I think Longford addressed that in his post.


----------



## Cristobal (Nov 25, 2014)

vantexan said:


> When you are on your 180 days what are you doing that isn't "living?" Does it restrict you from renting a home? Or must you stay at a hotel? From buying groceries or must you eat in restaurants? The permanent visas allow you to stay without exiting the country. You get more privileges IF you meet the qualifications. Want to see Mexico greatly clarify the rules? Have everyone living on tourist cards exit the country and not return because they don't qualify. 10's of thousands, if not hundreds of thousands, of spending gringos leaving at once would certainly get the attention of officials trying to increase revenue.

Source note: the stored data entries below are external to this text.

-- ===== src/Cpu/Arith/Refine.antt =====
-- The arithmetic and logic instructions of cpu/arith.cpp beside the architecture's results and flags.
use cpu_ia32_cpp.Base.{
  ℕ, zero, suc, ◌+◌, ◌-◌, ◌%◌, ◌<◌, bit_and, bit_or, bit_xor, ◌≡◌, refl, ap, ◌∙◌, Option, none,
  some, ◌≢◌, arith, ltb, leb, int_of, Width, size, truncate, truncate-lt, bits,
}
use cpu_ia32_cpp.Base.Bits.{bit_or-lt, bit_and-lt, bit_xor-lt, bit_and-mask}
use cpu_ia32_cpp.Cpu.State.{LazyOp, Cpu, add, adc, sub, sbb, bit}
use cpu_ia32_cpp.Cpu.Eflags.{cpu_get_cf, cf_of, of_of, af_of}
use cpu_ia32_cpp.Cpu.Flags.{
  Flags, flags, result_flags, signed_sub_overflows, sum_flags, difference_flags, logic_flags,
  signed_add_overflows,
}
use cpu_ia32_cpp.Cpu.Eflags.Kinds.{
  lazy_op-code, cpu_get_cf-eq, cpu_get_of-eq, cpu_get_af-eq, cpu_get_cf-lt,
}
use cpu_ia32_cpp.Cpu.Arith.{leave, plus, minus, arith_op, cpu_arith}
use cpu_ia32_cpp.Cpu.Arith.Results.{lr-zero, cpu_get_sf-leave, cpu_get_pf-leave}
use cpu_ia32_cpp.Cpu.Arith.Sums.{added, added_with, cf-add, af-add, of-add, cf-adc, af-adc, of-adc}
use cpu_ia32_cpp.Cpu.Arith.Differences.{
  subtracted, subtracted_with, cf-sub, af-sub, of-sub, cf-sbb, af-sbb, of-sbb,
}

-- The flags of a result whose carry, auxiliary carry and overflow are known.
pub flags-leave :
    (w : Width) (op : LazyOp) (res cf af of : ℕ) (c : Cpu)
    → res < size w
    → cf_of op (leave w op res c) ≡ some cf
    → af_of op (leave w op res c) ≡ some af
    → of_of op (leave w op res c) ≡ some of
    → flags (leave w op res c) ≡ some (result_flags w res cf af of)
unfolding flags
flags-leave w op res cf af of c fits ecf eaf eof =
    let c' = leave w op res c in
    rw
      (
        cpu_get_cf-eq op c' (lazy_op-code op),
        cpu_get_af-eq op c' (lazy_op-code op),
        cpu_get_of-eq op c' (lazy_op-code op),
        ecf,
        eaf,
        eof,
        cpu_get_pf-leave w op res c,
        cpu_get_sf-leave w op res c fits,
        lr-zero w res fits,
      )
      refl

module _ (w : Width) (d s k : ℕ) (c : Cpu) (d_fits : d < size w) (s_fits : s < size w) where
  pub flags-added : flags (added w d s c) ≡ some (sum_flags w d s 0)
  flags-added =
      flags-leave w (add w) (plus w d s) _ _ _ (record c { lop2 = s }) (truncate-lt w (d + s))
        (cf-add w d s c d_fits s_fits) (af-add w d s c d_fits s_fits) (of-add w d s c d_fits s_fits)
      ∙ ap
          (λ (t : ℕ). some (
            result_flags w (truncate w t) (int_of (leb (size w) (d + s + 0)))
              (int_of (leb 16 (d % 16 + s % 16 + 0))) (int_of (signed_add_overflows w d s 0))))
          (omega arith)

  pub flags-added_with : k < 2 → flags (added_with w d s k c) ≡ some (sum_flags w d s k)
  flags-added_with r =
      flags-leave w (adc w) (plus w d (s + k)) _ _ _ (record c { lop1 = d; lop2 = s })
        (truncate-lt w (d + (s + k))) (cf-adc w d s k c d_fits s_fits r)
        (af-adc w d s k c d_fits s_fits r) (of-adc w d s k c d_fits s_fits r)
      ∙ ap
          (λ (t : ℕ). some (
            result_flags w (truncate w t) (int_of (leb (size w) (d + s + k)))
              (int_of (leb 16 (d % 16 + s % 16 + k))) (int_of (signed_add_overflows w d s k))))
          (omega arith)

  pub flags-subtracted : flags (subtracted w d s c) ≡ some (difference_flags w d s 0)
  flags-subtracted =
      flags-leave w (sub w) (minus w d s) _ _ _ (record c { lop2 = s })
        (truncate-lt w (d + size w - s)) (cf-sub w d s c d_fits s_fits)
        (af-sub w d s c d_fits s_fits) (of-sub w d s c d_fits s_fits)
      ∙ ap
          (λ (t : ℕ). some (
            result_flags w (truncate w t) (int_of (ltb d (s + 0)))
              (int_of (ltb (d % 16) (s % 16 + 0))) (int_of (signed_sub_overflows w d s 0))))
          (omega arith)

  pub flags-subtracted_with :
      k < 2 → flags (subtracted_with w d s k c) ≡ some (difference_flags w d s k)
  flags-subtracted_with r =
      flags-leave w (sbb w) (minus w d (s + k)) _ _ _ (record c { lop1 = d; lop2 = s })
        (truncate-lt w (d + size w - (s + k))) (cf-sbb w d s k c d_fits s_fits r)
        (af-sbb w d s k c d_fits s_fits r) (of-sbb w d s k c d_fits s_fits r)

pub flags-logic :
    (w : Width) (res : ℕ) (c : Cpu)
    → res < size w
    → flags (leave w bit res c) ≡ some (logic_flags w res)
unfolding cf_of af_of of_of
flags-logic w res c fits = flags-leave w bit res 0 0 0 c fits refl refl refl

-- What an instruction shows: its result and the six flags after it.
abbrev pub observe : Option (ℕ × Cpu) → Option (ℕ × Option Flags)
observe none = none
observe (some (res, c)) = some (res, flags c)

-- The architecture's result and flags of the operation `n`, with the carry `k` before it.
abbrev pub reference : ℕ → Width → ℕ → ℕ → ℕ → ℕ × Flags
reference zero w d s k = (truncate w (d + s), sum_flags w d s 0)
reference (suc zero) w d s k = (bit_or d s, logic_flags w (bit_or d s))
reference (suc (suc zero)) w d s k = (truncate w (d + s + k), sum_flags w d s k)
reference (suc (suc (suc zero))) w d s k =
    (truncate w (d + size w - (s + k)), difference_flags w d s k)
reference (suc (suc (suc (suc zero)))) w d s k = (bit_and d s, logic_flags w (bit_and d s))
reference (suc (suc (suc (suc (suc zero))))) w d s k =
    (truncate w (d + size w - s), difference_flags w d s 0)
reference _ w d s k = (bit_xor d s, logic_flags w (bit_xor d s))

abbrev pub shown : ℕ × Flags → Option (ℕ × Option Flags)
shown (res, f) = some (res, some f)

module _ (w : Width) (d s k : ℕ) (c : Cpu) (d_fits : d < size w) (s_fits : s < size w)
    (carry : cpu_get_cf c ≡ some k) where
  arith_op-refines : (n : ℕ) → n < 7 → observe (arith_op n w d s c) ≡ shown (reference n w d s k)
  unfolding arith_op
  arith_op-refines zero h = ap (λ f. some (plus w d s, f)) (flags-added w d s k c d_fits s_fits)
  arith_op-refines (suc zero) h =
      ap (λ f. some (bit_or d s, f))
        (flags-logic w (bit_or d s) c (bit_or-lt (bits w) d s d_fits s_fits))
  arith_op-refines (suc (suc zero)) h = rw carry (
      ap (λ f. some (plus w d (s + k), f))
        (flags-added_with w d s k c d_fits s_fits (cpu_get_cf-lt c k carry))
      ∙ ap (λ (t : ℕ). some (truncate w t, some (sum_flags w d s k))) (omega arith))
  arith_op-refines (suc (suc (suc zero))) h = rw carry (
      ap (λ f. some (minus w d (s + k), f))
        (flags-subtracted_with w d s k c d_fits s_fits (cpu_get_cf-lt c k carry)))
  arith_op-refines (suc (suc (suc (suc zero)))) h =
      ap (λ f. some (bit_and d s, f))
        (flags-logic w (bit_and d s) c (bit_and-lt (bits w) d s s_fits))
  arith_op-refines (suc (suc (suc (suc (suc zero))))) h =
      ap (λ f. some (minus w d s, f)) (flags-subtracted w d s k c d_fits s_fits)
  arith_op-refines (suc (suc (suc (suc (suc (suc zero)))))) h =
      ap (λ f. some (bit_xor d s, f))
        (flags-logic w (bit_xor d s) c (bit_xor-lt (bits w) d s d_fits s_fits))
  arith_op-refines (suc (suc (suc (suc (suc (suc (suc n))))))) h = absurd (omega arith)

-- `cpu_arith8`, `cpu_arith16` and `cpu_arith32`, on operands of their width and with a carry that
-- can be read before: for each operation that the switch has (`op & 7` is not 7), the result and
-- all six lazy flags after it are those of the architecture.
pub cpu_arith-refines :
    (w : Width) (op d s k : ℕ) (c : Cpu)
    → op % 8 ≢ 7
    → d < size w
    → s < size w
    → cpu_get_cf c ≡ some k
    → observe (cpu_arith w op d s c) ≡ shown (reference (op % 8) w d s k)
unfolding cpu_arith
cpu_arith-refines w op d s k c case d_fits s_fits carry =
    rw (bit_and-mask 3 op) (arith_op-refines w d s k c d_fits s_fits carry (op % 8) (omega arith))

Really? Then why bother at all with resident permits of any kind for gringos? Because we all know the economy here is dependent on their spending.


----------



## Bobbyb (Mar 9, 2014)

Much ado about nothing. The op does not have direct information on this subject. It was " brought to his attention". I asked in another forum and got 2 replies. One renewed 3 weeks ago with zero problems. The other turned in the old one and got a new one. They did not scan the old FMM when he turned it in. I would think that if this is some new interpretation of the rules we would have heard from many people.


----------



## RVGRINGO (May 16, 2007)

Folks who make border runs every 180 days should probably have a back-up plan. Getting a fresh FMM is entirely up to the official in front of you at the border, and they now have a very good computer system to check your details. Yes, they can turn you away and suggest that you apply for a Residente Temporal visa. If you cannot qualify, you may need to plan on a ‘vacation‘ NoB for a while before trying again.


----------



## AlanMexicali (Jun 1, 2011)

For a Foreigner to be legally in the National Territory outside the "Free Zone" they must have:

A. A valid Residente Permanente visa/card.

OR

B. A valid Residente Temporal visa/card.

OR

C. A valid FMM card.

No corruption or don´t care attitute here, just the rules and laws.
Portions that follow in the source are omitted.